§ Brief
Would you write out the data below exactly, with every line intact?

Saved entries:
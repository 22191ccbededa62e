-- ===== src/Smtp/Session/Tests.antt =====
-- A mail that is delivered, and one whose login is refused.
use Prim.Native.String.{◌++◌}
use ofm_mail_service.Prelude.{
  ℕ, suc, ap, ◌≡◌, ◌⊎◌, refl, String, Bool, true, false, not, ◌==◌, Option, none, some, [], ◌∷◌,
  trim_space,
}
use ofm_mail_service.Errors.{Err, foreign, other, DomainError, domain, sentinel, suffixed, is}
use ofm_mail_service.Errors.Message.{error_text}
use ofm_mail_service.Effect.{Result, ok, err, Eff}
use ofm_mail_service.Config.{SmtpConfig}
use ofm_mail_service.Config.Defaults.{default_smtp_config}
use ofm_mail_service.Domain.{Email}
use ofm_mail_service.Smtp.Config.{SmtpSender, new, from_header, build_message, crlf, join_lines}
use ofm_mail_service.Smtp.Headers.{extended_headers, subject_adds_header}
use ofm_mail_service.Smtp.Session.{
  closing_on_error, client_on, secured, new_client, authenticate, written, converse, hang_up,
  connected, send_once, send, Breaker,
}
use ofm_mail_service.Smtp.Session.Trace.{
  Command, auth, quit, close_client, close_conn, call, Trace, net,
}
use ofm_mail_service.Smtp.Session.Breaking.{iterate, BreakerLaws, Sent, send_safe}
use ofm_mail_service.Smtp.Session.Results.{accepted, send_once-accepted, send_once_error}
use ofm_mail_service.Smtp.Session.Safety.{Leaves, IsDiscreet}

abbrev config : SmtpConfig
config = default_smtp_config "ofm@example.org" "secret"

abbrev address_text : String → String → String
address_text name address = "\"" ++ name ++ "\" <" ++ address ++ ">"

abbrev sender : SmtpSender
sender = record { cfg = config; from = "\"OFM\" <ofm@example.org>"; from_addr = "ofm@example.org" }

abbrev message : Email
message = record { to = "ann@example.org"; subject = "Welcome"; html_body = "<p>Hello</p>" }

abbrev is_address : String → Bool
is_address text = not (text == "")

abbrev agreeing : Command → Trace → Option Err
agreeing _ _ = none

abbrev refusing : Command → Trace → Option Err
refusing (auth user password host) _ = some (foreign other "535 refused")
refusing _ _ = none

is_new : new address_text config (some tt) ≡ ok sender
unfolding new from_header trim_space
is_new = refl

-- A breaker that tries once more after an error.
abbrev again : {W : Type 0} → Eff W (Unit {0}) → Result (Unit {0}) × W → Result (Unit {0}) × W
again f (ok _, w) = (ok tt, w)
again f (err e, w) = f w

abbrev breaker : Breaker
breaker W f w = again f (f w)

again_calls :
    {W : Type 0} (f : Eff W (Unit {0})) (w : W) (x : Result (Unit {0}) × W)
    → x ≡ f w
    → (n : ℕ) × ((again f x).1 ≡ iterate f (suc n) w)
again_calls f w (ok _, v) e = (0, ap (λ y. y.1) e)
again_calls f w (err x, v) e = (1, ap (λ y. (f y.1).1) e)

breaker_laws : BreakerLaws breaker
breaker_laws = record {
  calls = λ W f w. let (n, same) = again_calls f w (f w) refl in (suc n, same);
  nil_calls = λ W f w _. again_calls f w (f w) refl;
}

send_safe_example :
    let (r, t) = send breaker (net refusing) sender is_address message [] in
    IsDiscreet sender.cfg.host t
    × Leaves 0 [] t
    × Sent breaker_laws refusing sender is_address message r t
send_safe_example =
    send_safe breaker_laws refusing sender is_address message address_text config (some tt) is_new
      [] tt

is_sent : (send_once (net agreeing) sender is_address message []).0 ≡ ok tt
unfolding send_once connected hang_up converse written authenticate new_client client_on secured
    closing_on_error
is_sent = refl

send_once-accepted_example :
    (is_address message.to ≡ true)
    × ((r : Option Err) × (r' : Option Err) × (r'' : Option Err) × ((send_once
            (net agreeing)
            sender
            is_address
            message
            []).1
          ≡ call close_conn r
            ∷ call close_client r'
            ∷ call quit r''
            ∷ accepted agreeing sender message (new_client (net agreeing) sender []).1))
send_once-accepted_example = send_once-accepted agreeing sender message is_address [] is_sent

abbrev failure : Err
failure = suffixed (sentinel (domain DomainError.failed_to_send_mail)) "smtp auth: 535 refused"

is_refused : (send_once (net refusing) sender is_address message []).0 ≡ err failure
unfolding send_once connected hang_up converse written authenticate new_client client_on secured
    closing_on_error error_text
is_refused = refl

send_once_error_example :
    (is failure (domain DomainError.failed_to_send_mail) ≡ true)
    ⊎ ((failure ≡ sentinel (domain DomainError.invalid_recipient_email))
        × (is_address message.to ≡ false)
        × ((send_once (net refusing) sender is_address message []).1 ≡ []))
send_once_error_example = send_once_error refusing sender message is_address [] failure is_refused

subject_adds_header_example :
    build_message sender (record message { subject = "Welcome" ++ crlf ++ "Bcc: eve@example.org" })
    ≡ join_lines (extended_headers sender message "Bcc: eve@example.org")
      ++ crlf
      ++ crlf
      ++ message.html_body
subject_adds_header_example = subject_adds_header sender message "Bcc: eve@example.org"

§ Task answer
repository 22191ccbededa62e
-- ===== src/Smtp/Session/Tests.antt =====
-- A mail that is delivered, and one whose login is refused.
use Prim.Native.String.{◌++◌}
use ofm_mail_service.Prelude.{
  ℕ, suc, ap, ◌≡◌, ◌⊎◌, refl, String, Bool, true, false, not, ◌==◌, Option, none, some, [], ◌∷◌,
  trim_space,
}
use ofm_mail_service.Errors.{Err, foreign, other, DomainError, domain, sentinel, suffixed, is}
use ofm_mail_service.Errors.Message.{error_text}
use ofm_mail_service.Effect.{Result, ok, err, Eff}
use ofm_mail_service.Config.{SmtpConfig}
use ofm_mail_service.Config.Defaults.{default_smtp_config}
use ofm_mail_service.Domain.{Email}
use ofm_mail_service.Smtp.Config.{SmtpSender, new, from_header, build_message, crlf, join_lines}
use ofm_mail_service.Smtp.Headers.{extended_headers, subject_adds_header}
use ofm_mail_service.Smtp.Session.{
  closing_on_error, client_on, secured, new_client, authenticate, written, converse, hang_up,
  connected, send_once, send, Breaker,
}
use ofm_mail_service.Smtp.Session.Trace.{
  Command, auth, quit, close_client, close_conn, call, Trace, net,
}
use ofm_mail_service.Smtp.Session.Breaking.{iterate, BreakerLaws, Sent, send_safe}
use ofm_mail_service.Smtp.Session.Results.{accepted, send_once-accepted, send_once_error}
use ofm_mail_service.Smtp.Session.Safety.{Leaves, IsDiscreet}

abbrev config : SmtpConfig
config = default_smtp_config "ofm@example.org" "secret"

abbrev address_text : String → String → String
address_text name address = "\"" ++ name ++ "\" <" ++ address ++ ">"

abbrev sender : SmtpSender
sender = record { cfg = config; from = "\"OFM\" <ofm@example.org>"; from_addr = "ofm@example.org" }

abbrev message : Email
message = record { to = "ann@example.org"; subject = "Welcome"; html_body = "<p>Hello</p>" }

abbrev is_address : String → Bool
is_address text = not (text == "")

abbrev agreeing : Command → Trace → Option Err
agreeing _ _ = none

abbrev refusing : Command → Trace → Option Err
refusing (auth user password host) _ = some (foreign other "535 refused")
refusing _ _ = none

is_new : new address_text config (some tt) ≡ ok sender
unfolding new from_header trim_space
is_new = refl

-- A breaker that tries once more after an error.
abbrev again : {W : Type 0} → Eff W (Unit {0}) → Result (Unit {0}) × W → Result (Unit {0}) × W
again f (ok _, w) = (ok tt, w)
again f (err e, w) = f w

abbrev breaker : Breaker
breaker W f w = again f (f w)

again_calls :
    {W : Type 0} (f : Eff W (Unit {0})) (w : W) (x : Result (Unit {0}) × W)
    → x ≡ f w
    → (n : ℕ) × ((again f x).1 ≡ iterate f (suc n) w)
again_calls f w (ok _, v) e = (0, ap (λ y. y.1) e)
again_calls f w (err x, v) e = (1, ap (λ y. (f y.1).1) e)

breaker_laws : BreakerLaws breaker
breaker_laws = record {
  calls = λ W f w. let (n, same) = again_calls f w (f w) refl in (suc n, same);
  nil_calls = λ W f w _. again_calls f w (f w) refl;
}

send_safe_example :
    let (r, t) = send breaker (net refusing) sender is_address message [] in
    IsDiscreet sender.cfg.host t
    × Leaves 0 [] t
    × Sent breaker_laws refusing sender is_address message r t
send_safe_example =
    send_safe breaker_laws refusing sender is_address message address_text config (some tt) is_new
      [] tt

is_sent : (send_once (net agreeing) sender is_address message []).0 ≡ ok tt
unfolding send_once connected hang_up converse written authenticate new_client client_on secured
    closing_on_error
is_sent = refl

send_once-accepted_example :
    (is_address message.to ≡ true)
    × ((r : Option Err) × (r' : Option Err) × (r'' : Option Err) × ((send_once
            (net agreeing)
            sender
            is_address
            message
            []).1
          ≡ call close_conn r
            ∷ call close_client r'
            ∷ call quit r''
            ∷ accepted agreeing sender message (new_client (net agreeing) sender []).1))
send_once-accepted_example = send_once-accepted agreeing sender message is_address [] is_sent

abbrev failure : Err
failure = suffixed (sentinel (domain DomainError.failed_to_send_mail)) "smtp auth: 535 refused"

is_refused : (send_once (net refusing) sender is_address message []).0 ≡ err failure
unfolding send_once connected hang_up converse written authenticate new_client client_on secured
    closing_on_error error_text
is_refused = refl

send_once_error_example :
    (is failure (domain DomainError.failed_to_send_mail) ≡ true)
    ⊎ ((failure ≡ sentinel (domain DomainError.invalid_recipient_email))
        × (is_address message.to ≡ false)
        × ((send_once (net refusing) sender is_address message []).1 ≡ []))
send_once_error_example = send_once_error refusing sender message is_address [] failure is_refused

subject_adds_header_example :
    build_message sender (record message { subject = "Welcome" ++ crlf ++ "Bcc: eve@example.org" })
    ≡ join_lines (extended_headers sender message "Bcc: eve@example.org")
      ++ crlf
      ++ crlf
      ++ message.html_body
subject_adds_header_example = subject_adds_header sender message "Bcc: eve@example.org"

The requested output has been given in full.